**Study material**.
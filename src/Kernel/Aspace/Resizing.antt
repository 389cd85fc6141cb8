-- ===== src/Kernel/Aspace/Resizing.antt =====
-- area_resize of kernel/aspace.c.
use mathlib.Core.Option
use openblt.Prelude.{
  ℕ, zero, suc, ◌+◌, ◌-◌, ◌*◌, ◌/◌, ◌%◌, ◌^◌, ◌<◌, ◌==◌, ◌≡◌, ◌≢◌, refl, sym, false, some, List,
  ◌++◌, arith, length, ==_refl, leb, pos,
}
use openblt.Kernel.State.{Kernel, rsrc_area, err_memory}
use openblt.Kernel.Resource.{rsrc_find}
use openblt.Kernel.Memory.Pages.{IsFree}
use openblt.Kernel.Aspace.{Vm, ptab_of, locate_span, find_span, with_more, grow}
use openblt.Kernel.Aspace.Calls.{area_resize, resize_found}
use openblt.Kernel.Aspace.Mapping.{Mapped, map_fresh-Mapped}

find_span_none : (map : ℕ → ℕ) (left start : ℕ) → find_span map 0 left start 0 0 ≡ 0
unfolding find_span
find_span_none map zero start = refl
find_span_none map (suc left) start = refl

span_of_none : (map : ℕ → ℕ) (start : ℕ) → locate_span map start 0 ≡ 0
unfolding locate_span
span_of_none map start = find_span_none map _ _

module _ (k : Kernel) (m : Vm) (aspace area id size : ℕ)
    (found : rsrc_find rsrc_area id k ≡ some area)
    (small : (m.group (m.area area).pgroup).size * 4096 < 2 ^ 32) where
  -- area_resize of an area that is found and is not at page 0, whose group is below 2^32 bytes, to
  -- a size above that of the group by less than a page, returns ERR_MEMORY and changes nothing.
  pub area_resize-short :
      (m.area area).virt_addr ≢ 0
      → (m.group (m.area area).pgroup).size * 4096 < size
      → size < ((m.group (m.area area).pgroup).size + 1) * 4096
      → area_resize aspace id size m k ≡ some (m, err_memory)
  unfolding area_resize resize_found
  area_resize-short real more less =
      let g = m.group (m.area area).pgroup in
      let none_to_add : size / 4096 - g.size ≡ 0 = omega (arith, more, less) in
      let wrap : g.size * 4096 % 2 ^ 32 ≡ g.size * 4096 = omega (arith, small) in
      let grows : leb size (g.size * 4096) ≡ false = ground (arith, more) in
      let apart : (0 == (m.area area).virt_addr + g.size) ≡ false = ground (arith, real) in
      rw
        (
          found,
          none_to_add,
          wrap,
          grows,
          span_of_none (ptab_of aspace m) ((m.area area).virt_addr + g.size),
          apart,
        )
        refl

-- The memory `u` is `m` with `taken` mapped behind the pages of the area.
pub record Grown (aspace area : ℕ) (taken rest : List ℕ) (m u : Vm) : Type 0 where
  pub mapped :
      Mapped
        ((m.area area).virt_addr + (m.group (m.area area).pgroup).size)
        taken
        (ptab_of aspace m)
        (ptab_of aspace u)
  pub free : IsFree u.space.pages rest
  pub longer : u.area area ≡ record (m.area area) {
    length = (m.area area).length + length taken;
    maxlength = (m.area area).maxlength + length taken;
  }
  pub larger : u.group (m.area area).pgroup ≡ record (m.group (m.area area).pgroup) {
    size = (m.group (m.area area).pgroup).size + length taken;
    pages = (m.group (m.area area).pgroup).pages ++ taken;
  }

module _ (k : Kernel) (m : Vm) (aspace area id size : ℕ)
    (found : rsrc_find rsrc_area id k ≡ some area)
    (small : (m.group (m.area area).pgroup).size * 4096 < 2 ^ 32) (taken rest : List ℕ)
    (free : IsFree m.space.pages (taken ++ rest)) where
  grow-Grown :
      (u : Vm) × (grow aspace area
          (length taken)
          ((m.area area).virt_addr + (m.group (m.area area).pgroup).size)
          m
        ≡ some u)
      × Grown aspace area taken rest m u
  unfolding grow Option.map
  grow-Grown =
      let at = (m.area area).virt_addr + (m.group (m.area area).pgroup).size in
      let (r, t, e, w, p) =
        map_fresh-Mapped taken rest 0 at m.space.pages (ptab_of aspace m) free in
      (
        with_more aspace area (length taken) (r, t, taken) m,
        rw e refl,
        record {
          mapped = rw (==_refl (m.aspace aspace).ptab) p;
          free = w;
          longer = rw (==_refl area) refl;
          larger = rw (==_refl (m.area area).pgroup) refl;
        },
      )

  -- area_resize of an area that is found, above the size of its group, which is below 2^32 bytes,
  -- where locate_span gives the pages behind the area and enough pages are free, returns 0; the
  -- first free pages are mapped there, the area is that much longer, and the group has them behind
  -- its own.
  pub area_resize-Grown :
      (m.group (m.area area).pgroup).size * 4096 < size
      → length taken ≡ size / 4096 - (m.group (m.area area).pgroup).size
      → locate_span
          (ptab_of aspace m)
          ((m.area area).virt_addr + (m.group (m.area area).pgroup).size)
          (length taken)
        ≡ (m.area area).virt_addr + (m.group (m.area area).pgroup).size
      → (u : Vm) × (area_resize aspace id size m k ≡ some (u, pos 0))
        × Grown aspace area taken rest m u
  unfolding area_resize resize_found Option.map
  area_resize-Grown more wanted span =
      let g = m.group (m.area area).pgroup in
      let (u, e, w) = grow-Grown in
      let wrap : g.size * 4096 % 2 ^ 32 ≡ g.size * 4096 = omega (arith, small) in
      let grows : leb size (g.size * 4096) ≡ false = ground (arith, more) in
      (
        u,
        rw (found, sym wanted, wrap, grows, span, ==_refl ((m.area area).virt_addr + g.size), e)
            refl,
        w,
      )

--

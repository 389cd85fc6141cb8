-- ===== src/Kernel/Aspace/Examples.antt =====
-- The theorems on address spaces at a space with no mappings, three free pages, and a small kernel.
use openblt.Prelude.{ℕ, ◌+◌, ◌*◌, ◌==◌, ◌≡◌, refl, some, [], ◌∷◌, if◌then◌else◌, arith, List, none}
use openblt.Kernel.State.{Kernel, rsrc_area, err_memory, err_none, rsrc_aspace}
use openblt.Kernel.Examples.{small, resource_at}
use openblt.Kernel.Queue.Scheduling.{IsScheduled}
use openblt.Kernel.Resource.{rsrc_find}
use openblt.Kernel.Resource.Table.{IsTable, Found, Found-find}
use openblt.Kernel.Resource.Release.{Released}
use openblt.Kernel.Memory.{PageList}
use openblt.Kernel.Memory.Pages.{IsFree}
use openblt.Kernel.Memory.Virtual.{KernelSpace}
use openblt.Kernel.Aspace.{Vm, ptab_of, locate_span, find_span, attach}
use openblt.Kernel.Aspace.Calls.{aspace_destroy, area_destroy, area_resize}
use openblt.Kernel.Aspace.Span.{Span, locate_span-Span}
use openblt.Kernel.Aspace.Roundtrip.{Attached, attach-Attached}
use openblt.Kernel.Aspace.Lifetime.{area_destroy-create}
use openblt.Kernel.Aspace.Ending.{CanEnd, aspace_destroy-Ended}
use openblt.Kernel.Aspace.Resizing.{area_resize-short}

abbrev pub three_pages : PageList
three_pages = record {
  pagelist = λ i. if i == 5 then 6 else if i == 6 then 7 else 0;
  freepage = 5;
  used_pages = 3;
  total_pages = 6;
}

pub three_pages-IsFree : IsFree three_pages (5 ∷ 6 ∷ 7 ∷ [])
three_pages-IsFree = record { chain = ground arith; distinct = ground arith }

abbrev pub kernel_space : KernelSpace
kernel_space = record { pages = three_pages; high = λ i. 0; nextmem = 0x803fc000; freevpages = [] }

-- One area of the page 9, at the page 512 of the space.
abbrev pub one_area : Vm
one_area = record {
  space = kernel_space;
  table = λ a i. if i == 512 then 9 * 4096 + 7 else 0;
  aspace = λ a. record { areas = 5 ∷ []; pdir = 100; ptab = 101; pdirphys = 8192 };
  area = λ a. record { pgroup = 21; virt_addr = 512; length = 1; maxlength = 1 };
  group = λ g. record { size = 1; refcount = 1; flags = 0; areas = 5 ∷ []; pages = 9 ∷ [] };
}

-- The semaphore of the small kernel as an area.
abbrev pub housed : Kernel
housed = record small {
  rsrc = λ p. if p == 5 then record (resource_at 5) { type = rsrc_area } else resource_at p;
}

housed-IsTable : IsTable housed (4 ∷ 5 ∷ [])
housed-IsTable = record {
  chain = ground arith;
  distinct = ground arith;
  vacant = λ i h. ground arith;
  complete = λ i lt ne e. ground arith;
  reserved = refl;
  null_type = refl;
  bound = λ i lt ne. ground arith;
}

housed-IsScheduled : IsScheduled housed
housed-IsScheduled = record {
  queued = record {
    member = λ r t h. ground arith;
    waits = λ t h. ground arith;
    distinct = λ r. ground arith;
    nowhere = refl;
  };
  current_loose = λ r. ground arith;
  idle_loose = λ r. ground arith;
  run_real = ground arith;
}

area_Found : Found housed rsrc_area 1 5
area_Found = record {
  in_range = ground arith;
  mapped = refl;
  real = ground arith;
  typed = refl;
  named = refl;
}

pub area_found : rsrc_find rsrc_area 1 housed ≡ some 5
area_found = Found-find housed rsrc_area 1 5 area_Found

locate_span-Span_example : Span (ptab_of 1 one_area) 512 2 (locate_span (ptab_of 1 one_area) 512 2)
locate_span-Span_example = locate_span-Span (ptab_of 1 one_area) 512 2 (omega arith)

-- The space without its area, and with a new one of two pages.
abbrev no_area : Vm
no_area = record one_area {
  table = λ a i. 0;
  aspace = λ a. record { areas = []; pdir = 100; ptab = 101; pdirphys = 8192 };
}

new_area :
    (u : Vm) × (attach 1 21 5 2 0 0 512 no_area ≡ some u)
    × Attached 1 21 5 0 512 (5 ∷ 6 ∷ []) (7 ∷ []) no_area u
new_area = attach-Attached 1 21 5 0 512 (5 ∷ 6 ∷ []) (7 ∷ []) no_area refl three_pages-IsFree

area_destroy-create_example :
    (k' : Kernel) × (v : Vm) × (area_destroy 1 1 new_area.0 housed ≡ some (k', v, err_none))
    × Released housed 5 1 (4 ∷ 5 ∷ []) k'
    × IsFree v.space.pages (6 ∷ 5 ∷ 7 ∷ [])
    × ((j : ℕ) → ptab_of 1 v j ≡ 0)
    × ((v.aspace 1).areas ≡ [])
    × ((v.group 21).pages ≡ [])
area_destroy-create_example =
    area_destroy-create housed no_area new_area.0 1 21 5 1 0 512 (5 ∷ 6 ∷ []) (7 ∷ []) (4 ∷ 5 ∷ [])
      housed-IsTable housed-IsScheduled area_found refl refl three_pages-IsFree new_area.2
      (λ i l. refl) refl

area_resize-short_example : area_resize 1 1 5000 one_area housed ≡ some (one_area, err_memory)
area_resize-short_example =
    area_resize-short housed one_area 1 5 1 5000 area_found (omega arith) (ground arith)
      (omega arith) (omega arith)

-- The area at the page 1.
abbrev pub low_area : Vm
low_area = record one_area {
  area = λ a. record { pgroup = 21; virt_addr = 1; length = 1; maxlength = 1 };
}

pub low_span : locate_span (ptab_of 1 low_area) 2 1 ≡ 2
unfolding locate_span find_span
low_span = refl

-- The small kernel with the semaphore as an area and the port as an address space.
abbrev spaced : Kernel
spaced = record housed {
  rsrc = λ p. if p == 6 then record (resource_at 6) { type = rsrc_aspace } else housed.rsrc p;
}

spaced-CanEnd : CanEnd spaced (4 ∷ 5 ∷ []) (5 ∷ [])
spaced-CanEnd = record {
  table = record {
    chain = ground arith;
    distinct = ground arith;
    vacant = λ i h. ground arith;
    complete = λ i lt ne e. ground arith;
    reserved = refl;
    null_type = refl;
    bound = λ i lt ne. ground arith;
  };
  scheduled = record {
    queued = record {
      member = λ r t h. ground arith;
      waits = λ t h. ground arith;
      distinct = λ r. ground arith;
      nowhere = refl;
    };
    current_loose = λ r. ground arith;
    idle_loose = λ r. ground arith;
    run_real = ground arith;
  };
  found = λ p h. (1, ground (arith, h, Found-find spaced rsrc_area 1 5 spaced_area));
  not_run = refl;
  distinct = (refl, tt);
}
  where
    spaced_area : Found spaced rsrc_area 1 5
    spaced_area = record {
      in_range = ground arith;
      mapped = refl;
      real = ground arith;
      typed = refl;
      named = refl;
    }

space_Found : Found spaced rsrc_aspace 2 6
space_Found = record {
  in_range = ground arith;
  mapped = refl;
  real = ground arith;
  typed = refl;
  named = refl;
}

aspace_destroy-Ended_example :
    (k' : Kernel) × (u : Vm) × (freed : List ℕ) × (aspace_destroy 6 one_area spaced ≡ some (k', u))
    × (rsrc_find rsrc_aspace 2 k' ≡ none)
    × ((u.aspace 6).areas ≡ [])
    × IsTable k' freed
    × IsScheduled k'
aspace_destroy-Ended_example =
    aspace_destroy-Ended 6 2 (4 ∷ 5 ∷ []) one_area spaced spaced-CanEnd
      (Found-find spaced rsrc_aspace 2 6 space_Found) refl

**What you should do**.
In the listing, return each line containing the string "false".

**Expected answer**.
  ℕ, zero, suc, ◌+◌, ◌-◌, ◌*◌, ◌/◌, ◌%◌, ◌^◌, ◌<◌, ◌==◌, ◌≡◌, ◌≢◌, refl, sym, false, some, List,
      let grows : leb size (g.size * 4096) ≡ false = ground (arith, more) in
      let apart : (0 == (m.area area).virt_addr + g.size) ≡ false = ground (arith, real) in
      let grows : leb size (g.size * 4096) ≡ false = ground (arith, more) in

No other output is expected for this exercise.